Survival and infectivity of Toxoplasma gondii and Cryptosporidium parvum oocysts bioaccumulated by Dreissena polymorpha.

AIMS: The study was aimed to understand the depuration process of Cryptosporidium parvum and Toxoplasma gondii oocysts by zebra mussel (Dreissena polymorpha), to consider the use of the zebra mussel as a bioremediation tool. MATERIALS AND METHODS: Two experiments were performed: (i) individual exposure of mussel to investigate oocyst transfers between bivalves and water and (ii) in vivo exposure to assess the ability of the zebra mussel to degrade oocysts. RESULTS: (i) Our results highlighted a transfer of oocysts from the mussels to the water after 3 and 7 days of depuration; however, some oocysts were still bioaccumulated in mussel tissue. (ii) Between 7 days of exposure at 1000 or 10 000 oocysts/mussel/day and 7 days of depuration, the number of bioaccumulated oocysts did not vary but the number of infectious oocysts decreased. CONCLUSION: Results show that D. polymorpha can release oocysts in water via (pseudo)faeces in depuration period. Oocysts remain bioaccumulated and infectious oocyst number decreases during the depuration period in zebra mussel tissues. Results suggest a degradation of bioaccumulated C. parvum and T. gondii oocysts. SIGNIFICANCE AND IMPACT OF THE STUDY: This study highlighted the potential use of D. polymorpha as a bioremediation tool to mitigate of protozoan contamination in water resources.

Zebra mussel as a new tool to show evidence of freshwater contamination by waterborne Toxoplasma gondii.

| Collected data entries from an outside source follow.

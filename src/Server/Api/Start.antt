-- ===== src/Server/Api/Start.antt =====
-- server/src/python.rs: the constructor of `Server`, up to the address that the server binds. The
-- text of a port and the tunnel's commands are parameters; the server itself is `SandboxServer`.
pub mod Laws
use sand_d.Prelude.{
  ℕ, String, Bool, true, false, not, ◌&&◌, Option, none, some, List, [], ◌∷◌, ◌≡◌, ◌≢◌, ◌↔◌, refl,
  sym, arith, ◌==◌, if◌then◌else◌, eq_iff, Option-cases, Bool-cases, inl, inr, ◌∙◌, ap,
}
use sand_d.Prelude.Text.{append}
use sand_d.Server.Api.{PyErr, PyResult, returned, raised, value_error, runtime_error}
use sand_d.Tunnel.{
  Mesh, Output, Joined, joined, error, MeshIp, mesh_ip, setup_tunnel_controller, get_mesh_ip,
  address, is_success, join, Run,
}
use sand_d.Tunnel.Laws.{HasAddress, join_iff, joined_not_error}

pub record TunnelConfig : Type 0 where
  pub authkey : String
  pub server : String

-- The commands of a start: those of the tunnel, and the look at the address after it.
pub record Start : Type 0 where
  pub runtime : Option String
  pub mesh : Mesh
  pub failure : String
  pub last_look : Option Output

abbrev pub addressed : (address : String) → MeshIp → PyResult String
addressed a (mesh_ip _) = returned a
addressed a (MeshIp.error e) = raised (runtime_error (append "Failed to get mesh IP: " e))

abbrev pub tunnelled : (address : String) → MeshIp → Joined → PyResult String
tunnelled a looked joined = addressed a looked
tunnelled a looked (Joined.error e) = raised (runtime_error (append "Tunnel setup failed: " e))

abbrev pub bind_tunnel :
    (trim : String → String) → Start → (address : String) → TunnelConfig → PyResult String
bind_tunnel trim env a config =
    tunnelled a (get_mesh_ip trim env.failure env.last_look)
      (setup_tunnel_controller trim env.failure config.authkey config.server env.mesh).1

abbrev pub bind_or :
    (trim : String → String) → Start → (address : String) → Option TunnelConfig → PyResult String
bind_or trim env a none = raised (value_error "tunnel mode requires tunnel_config parameter")
bind_or trim env a (some config) = elim env.runtime [
  | some e ↦ raised (runtime_error (append "Failed to create runtime: " e))
  | none ↦ bind_tunnel trim env a config
]

abbrev pub bind_direct : Start → (address : String) → PyResult String
bind_direct env a = elim env.runtime [
  | some e ↦ raised (runtime_error (append "Failed to create runtime: " e))
  | none ↦ returned a
]

-- The address that the server binds, or the error of the constructor.
unfoldable pub bind_addr :
    (trim : String → String)
    → (host port connect : String) → (tunnel_config : Option TunnelConfig) → Start
    → PyResult String
unfolding get_mesh_ip setup_tunnel_controller
bind_addr trim host port connect tunnel_config env =
    if not (connect == "direct") && not (connect == "tunnel")
    then raised
        (value_error (append "connect must be 'direct' or 'tunnel', got '" (append connect "'")))
    else if connect == "tunnel"
    then bind_or trim env (append "0.0.0.0:" port) tunnel_config
    else bind_direct env (append host (append ":" port))
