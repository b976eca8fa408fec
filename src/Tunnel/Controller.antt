-- ===== src/Tunnel/Controller.antt =====
-- When the controller joins the mesh.
use sand_d.Prelude.{
  String, true, false, none, some, ◌≡◌, ◌↔◌, refl, sym, ◌∙◌, Bool-cases, Option-cases, inl, inr,
}
use sand_d.Tunnel.{Output, Mesh, joined, error, join, setup_tunnel_controller}
use sand_d.Tunnel.Laws.{HasAddress, join_iff, joined_not_error}

controller-join :
    (trim : String → String) (failure k s : String) (env : Mesh) {o : Output}
    → env.version ≡ some o
    → env.spawns ≡ true
    → (setup_tunnel_controller trim failure k s env).1 ≡ (join trim failure k s env).1
unfolding setup_tunnel_controller
controller-join trim failure k s env v p = rw (setup_tunnel_controller, v, p) refl

controller_missing :
    (trim : String → String) (failure k s : String) (env : Mesh)
    → env.version ≡ none
    → (setup_tunnel_controller trim failure k s env).1 ≡ error "Tailscale not found"
unfolding setup_tunnel_controller
controller_missing trim failure k s env v = rw (setup_tunnel_controller, v) refl

controller_not_started :
    (trim : String → String) (failure k s : String) (env : Mesh) {o : Output}
    → env.version ≡ some o
    → env.spawns ≡ false
    → (setup_tunnel_controller trim failure k s env).1 ≡ error "Failed to start tailscaled"
unfolding setup_tunnel_controller
controller_not_started trim failure k s env v p = rw (setup_tunnel_controller, v, p) refl

-- The controller joins the mesh exactly if Tailscale can be run, `tailscaled` starts, `tailscale up`
-- succeeds, and one of 30 looks finds an address.
pub setup_tunnel_controller_iff :
    (trim : String → String) (failure k s : String) (env : Mesh)
    → ((setup_tunnel_controller trim failure k s env).1 ≡ joined)
      ↔ (((o : Output) × (env.version ≡ some o)) × (env.spawns ≡ true) × HasAddress trim env)
setup_tunnel_controller_iff trim failure k s env =
    let (to, from) = join_iff trim failure k s env in
    elim (Option-cases env.version) [
      | inl n ↦ (
        λ h. absurd (joined_not_error _ h (controller_missing trim failure k s env n)),
        λ ((o, v), _, _). absurd (cc),
      )
      | inr (o, v) ↦ elim (Bool-cases env.spawns) [
        | inl p ↦ (
          λ h. ((o, v), p, to (sym (controller-join trim failure k s env v p) ∙ h)),
          λ (_, _, a). controller-join trim failure k s env v p ∙ from a,
        )
        | inr p ↦ (
          λ h. absurd (joined_not_error _ h (controller_not_started trim failure k s env v p)),
          λ (_, p', _). absurd (cc),
        )
      ]
    ]
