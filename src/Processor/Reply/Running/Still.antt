-- ===== src/Processor/Reply/Running/Still.antt =====
-- `HandleReply` of src/CommandProcessor.cpp when the functions that it calls leave the processor and
-- the calls as they are until it has returned.
use sm_ext_rpc.Base.{
  inr, inl, String, Bool, true, false, not, ◌&&◌, Option, none, some, List, [], ◌∷◌, Bytes, Result,
  ok, throw, fault, ◌>>=◌, str_eq, if◌then◌else◌, ◌≡◌, refl, ap, ◌∙◌, Option-cases,
}
use sm_ext_rpc.Base.Dict.{lookup, erase}
use sm_ext_rpc.Json.{at, as_string, is_null, is_array, is_object, is_string}
use sm_ext_rpc.Call.{Heap, RpcCall, Delivery, deliver, call_reply, free_handle}
use sm_ext_rpc.Processor.{Env, CallId}
use sm_ext_rpc.Processor.Signature.{reply_sig}
use sm_ext_rpc.Processor.Reply.{
  Step, State, settle, find_call, accept, verify, process_command_reply, process_all, process_value,
  catch, handle_reply,
}
use sm_ext_rpc.Processor.Reply.Running.{
  execute, free_call, run_reply, run_settle, run_find, run_accept, run_verify, run_command_reply,
  run_all, run_value, run_packet,
}

bind_same {ℓ κ} :
    {A : Type ℓ} {B : Type κ} (r : Result A) (f g : A → Result B)
    → ((a : A) → f a ≡ g a)
    → (r >>= f) ≡ (r >>= g)
bind_same (ok a) f g h = h a
bind_same (throw e) f g h = refl
bind_same fault f g h = refl

if_same {ℓ} :
    {A : Type ℓ} (b : Bool) {x y x' y' : A}
    → x ≡ x'
    → y ≡ y'
    → (if b then x else y) ≡ (if b then x' else y')
if_same true h k = h
if_same false h k = k

module _ (E : Env) (run : Delivery E.json → State E → State E)
    (still : (d : Delivery E.json) (s : State E) → run d s ≡ s) where
  open E use {json}
  open json use {Json, elements, parse}

  execute_still : (ds : List (Delivery json)) (s : State E) → execute E run ds s ≡ s
  unfolding execute
  execute_still [] s = refl
  execute_still (d ∷ ds) s = execute_still ds (run d s) ∙ still d s

  -- The ends of the two functions.
  abbrev closed_after :
      CallId → State E → List (Delivery json) → Result (List (Delivery json) × State E)
  closed_after c s ds = free_call E run c (execute E run ds s) >>= λ s'. ok (ds, s')

  abbrev erased_after : String → List (Delivery json) × State E → Result (Step E)
  erased_after id (ds, s) = ok (record {
    state = record s {
      processor = record s.processor { outstanding_calls = erase id s.processor.outstanding_calls };
    };
    deliveries = ds;
    log = [];
  })

  abbrev closed :
      CallId → State E → List (Delivery json) → Result (List (Delivery json) × Heap json)
  closed c s ds = free_handle json c s.calls >>= λ calls. ok (ds, calls)

  abbrev erased : String → State E → List (Delivery json) × Heap json → Result (Step E)
  erased id s (ds, calls) = ok (record {
    state = record {
      processor = record s.processor { outstanding_calls = erase id s.processor.outstanding_calls };
      calls = calls;
    };
    deliveries = ds;
    log = [];
  })

  abbrev close_ran :
      List (Delivery json) → CallId → State E → Result (List (Delivery json) × State E)
  close_ran ds c s = free_call E run c s >>= λ s'. ok (ds, s')

  settled_same :
      (r : Result (List (Delivery json))) (s : State E) (id : String) (c : CallId)
      (call : RpcCall json)
      → s.calls c ≡ some call
      → (r >>= closed_after c s >>= erased_after id) ≡ (r >>= closed c s >>= erased id s)
  unfolding free_call free_handle
  settled_same (ok ds) s id c call here =
      ap (λ t. close_ran ds c t >>= erased_after id) (execute_still ds s)
      ∙ rw (free_call, free_handle, here) refl
  settled_same (throw e) s id c call here = refl
  settled_same fault s id c call here = refl

  settle_same :
      (s : State E) (id : String) (reply : Json) (c : CallId)
      → run_settle E run s id reply c ≡ settle E s id reply c
  unfolding run_settle run_reply settle call_reply
  settle_same s id reply c = elim (Option-cases (s.calls c)) [
    | inl e ↦ rw (run_settle, run_reply, settle, call_reply, e) refl
    | inr (call, e) ↦
        rw (run_settle, run_reply, settle, call_reply, e)
          (settled_same (deliver json call reply) s id c call e)
  ]

  find_same :
      (s : State E) (id : String) (reply : Json)
      → run_find E run s id reply ≡ find_call E s id reply
  unfolding run_find find_call
  find_same s id reply = elim (Option-cases (lookup id s.processor.outstanding_calls)) [
    | inl e ↦ rw (run_find, find_call, e) refl
    | inr (c, e) ↦ rw (run_find, find_call, e) (settle_same s id reply c)
  ]

  accept_same : (s : State E) (reply : Json) → run_accept E run s reply ≡ accept E s reply
  unfolding run_accept accept
  accept_same s reply = bind_same (at json reply "id") _ _ (λ id.
      if_same (not (is_null json id) && is_string json id)
        (bind_same (as_string json id) _ _ (λ text. find_same s text reply)) refl)

  verify_same :
      (s : State E) (reply sig : Json) → run_verify E run s reply sig ≡ verify E s reply sig
  unfolding run_verify verify
  verify_same s reply sig = bind_same (as_string json sig) _ _ (λ text.
      bind_same (reply_sig E s.processor.api_key reply) _ _
        (λ (expected, reply'). if_same (not (str_eq text expected)) refl (accept_same s reply')))

  command_reply_same :
      (s : State E) (reply : Json)
      → run_command_reply E run s reply ≡ process_command_reply E s reply
  unfolding run_command_reply process_command_reply
  command_reply_same s reply = bind_same (at json reply "error") _ _ (λ error.
      if_same (not (is_null json error)) refl (
        bind_same (at json reply "sig") _ _
          (λ sig. if_same (not (is_string json sig)) refl (verify_same s reply sig))))

  all_same : (replies : List Json) (s : State E) → run_all E run s replies ≡ process_all E s replies
  unfolding run_all process_all
  all_same [] s = refl
  all_same (reply ∷ replies) s = rw (command_reply_same s reply) (
      bind_same (process_command_reply E s reply) _ _
        (λ step. rw (all_same replies step.state) refl))

  value_same : (s : State E) (o : Option Json) → run_value E run s o ≡ process_value E s o
  unfolding run_value process_value
  value_same s none = refl
  value_same s (some j) =
      if_same (is_array json j) (all_same (elements j) s)
        (if_same (is_object json j) (command_reply_same s j) refl)

  pub run_packet-handle_reply :
      (s : State E) (body : Bytes) → run_packet E run s body ≡ handle_reply E s body
  unfolding run_packet handle_reply
  run_packet-handle_reply s body = ap (catch E s) (value_same s (parse body))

AIMS: The objective of this study was to evaluate if freshwater bivalves can be used to detect the presence of Toxoplasma gondii in water bodies. METHODS AND RESULTS: Zebra mussels (Dreissena polymorpha) were caged for 1 month upstream and downstream of the discharge points of wastewater treatment plants (WWTPs). Physiological status was assessed to assure good health of bivalves during transplantation. The presence of T. gondii was investigated in mussel tissues by qPCR. In autumn, T. gondii was detected in mussels caged downstream of the discharge points of two WWTPs. In spring, it was detected upstream of one WWTP. CONCLUSIONS: For the first time, T. gondii DNA has been shown in a continental mollusc in environmental conditions. This highlights the interest of an active approach that could be applied independently of the presence or accessibility of autochthonous populations, and underlines the presence of T. gondii in natural waters under pressure of WWTP discharge at a certain time of the year. SIGNIFICANCE AND IMPACT OF THE STUDY: This study shows that transplanted zebra mussels could be used as biosamplers to reveal contamination of freshwater systems by T. gondii.

Assessment of Toxoplasma gondii levels in zebra mussel (Dreissena polymorpha) by real-time PCR: an organotropism study.

Water quality is a public health concern that calls for relevant biomonitoring programs. Molecular tools such as polymerase chain reaction (PCR) are progressively becoming more sensitive and more specific than conventional techniques to detect pathogens in environmental samples such as water and organisms. The zebra mussel (Dreissena polymorpha) has already been demonstrated to accumulate and concentrate various human waterborne pathogens. In this study, first, a spiking experiment to evaluate detection levels of Toxoplasma gondii DNA in zebra mussel organs using real-time PCR was conducted. Overall, lower DNA levels in the hemolymph, digestive gland, and remaining tissues (gonad and foot) were detected compared to mantle, muscle, and gills. Second, an in vivo experiment with 1000 T. gondii oocysts per mussel and per day for 21 consecutive days, followed by 14 days of depuration time in protozoa-free water was performed. T. gondii DNA was detected in all organs, but greatest concentrations were observed in hemolymph and mantle tissues compared to the others organs at the end of the depuration period. These results suggest that (i) the zebra mussel is a potential new tool for measuring T. gondii concentrations and (ii) real-time PCR is a suitable method for pathogen detection in complex matrices such as tissues.